DG: What do you think about my project “From zero to Hero”? Do you think it’s good to show the public more about people who do something good for their environment or others around us?

JO: I think is absolutely brilliant. This makes people see that we are not that different. And we have so many good people in Newry and a lot in common. The city we living in and better future for our children.

DG: What are your plans for the future? Are you and your family thinking to stay in Newry or considering moving back to Poland?

JO: I would like to go to University it is my big dream. I will definitely stay in Newry. For my children it is their home. For me as well but my heart stay always in Poland.

DG: How can you encourage Polish people to work together with the local people? Do you think is this possible?

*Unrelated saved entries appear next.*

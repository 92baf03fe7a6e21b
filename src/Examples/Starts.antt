-- ===== src/Examples/Starts.antt =====
-- The start of the program and its settings.
use cluster_registry_control.Common.{◌≡◌, refl, Bool, true, false, ◌||◌, ◌==◌, [], all}
use cluster_registry_control.Cmd.Config.{
  Flag, bind_envs, configuration_settings, flags, has_value, is_read,
}
use cluster_registry_control.Cmd.Start.{StartConfiguration, Action, main, whole_start}

-- Each setting of the configuration has a flag or a default.
settings_test : all has_value (bind_envs [] configuration_settings) ≡ true
unfolding has_value bind_envs configuration_settings
settings_test = refl

-- Of the flags, `devel-mode` sets nothing; `version` and `dump-config` are read by `configure`.
unread_test :
    all
      (λ (f : Flag).
        is_read f || f.name == "devel-mode" || f.name == "version" || f.name == "dump-config")
      flags
    ≡ true
unfolding is_read flags
unread_test = refl

abbrev default_start : StartConfiguration
default_start = record {
  metrics_addr = ":8080";
  health_addr = ":8090";
  leader_election = false;
  leader_election_name = "cluster-registry-leader-election";
  leader_election_namespace = "";
  provision_local_cluster = "demo";
  namespace = "cluster-registry";
  webhook_enabled = true;
  webhook_name = "cluster-validator-webhook";
  certificate_directory = "/tmp/webhooks";
  port = 9443;
}

abbrev every_call : Action → Bool
every_call a = true

start_test : (main default_start every_call []).0 ≡ whole_start default_start every_call
unfolding main
start_test = refl
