-- ===== src/Examples/Status.antt =====
-- The conditions of a cluster, and its status.
use cluster_registry_control.Common.{
  String, ◌≡◌, refl, inl, ◌↔◌, true, false, ◌&&◌, ◌==◌, none, some, [], ◌∷◌, Map, In,
}
use cluster_registry_control.Api.Cluster.{
  ClusterCondition, ClusterResource, no_metadata, local_type, ready_state,
}
use cluster_registry_control.Controllers.Conditions.{no_condition, clusters_synced}
use cluster_registry_control.Controllers.Status.{
  Problem, reconciling, StatusApi, accepted, update_cluster, update_cluster_status, set_status,
  conditions_to_write,
}
use cluster_registry_control.Controllers.Status.Writes.{update_cluster_lem}

abbrev is_ready : ClusterCondition
is_ready = record no_condition { type = "Ready"; status = "True"; last_transition_time = 3 }

abbrev is_not_ready : ClusterCondition
is_not_ready = record no_condition {
  type = "Ready";
  status = "False";
  reason = "ClusterIsNotReady";
}

abbrev synced : ClusterCondition
synced = record no_condition { type = "ClustersSynced"; status = "True" }

abbrev was_ready : Map ClusterCondition
was_ready = ("Ready", is_ready) ∷ ("ClustersSynced", synced) ∷ []

abbrev here : ClusterResource
here = record {
  uid = "u1";
  name = "here";
  namespace = "";
  resource_version = "5";
  annotations = [];
  spec = record { cluster_id = "id"; secret_name = ""; secret_namespace = ""; endpoints = [] };
  status = record {
    state = "Ready";
    message = "";
    type = "Local";
    leader = false;
    metadata = no_metadata;
    conditions = is_ready ∷ synced ∷ [];
  };
}

-- A server that accepts every status.
abbrev accepting : StatusApi
accepting = record { update = λ c. accepted c; get_version = λ name. none }

abbrev lost : Problem
lost = record { text = "lost"; permanent = false }

-- What is written of `here`.
abbrev written : ClusterResource
written = record here {
  status = record here.status { state = "Failed"; message = "lost"; conditions = is_ready ∷ [] };
}

update_cluster_example :
    ((c : ClusterCondition)
      → In c (is_ready ∷ []) ↔ (
          (t : String) × In (t, c) was_ready
          × ((here.status.type == local_type && c.type == clusters_synced) ≡ false)))
    × ((true && written.status.state == ready_state) ≡ false)
    × (written.status.message ≡ "lost")
    × ((update_cluster accepting (some lost) was_ready here).2 ≡ some (reconciling lost))
unfolding update_cluster update_cluster_status set_status conditions_to_write
update_cluster_example = update_cluster_lem accepting (some lost) was_ready here written (inl refl)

JO: Well we have different cultures. As far I'm aware some of my Irish friends keep saying at the start when we arrived to Newry, that We Polish are loud while talking and we don’t seems to be strong assimilators  by nature. I was once with a couple of people on an integrational workshop and the meeting went very well. It was for children and adults and the event showed them there is no big differences between them. We need to organize these kind of events more often. It is important to participate and connecting  with the local people and vice versa.

DG: Thank you so much for the interview Joanna and wish you good health.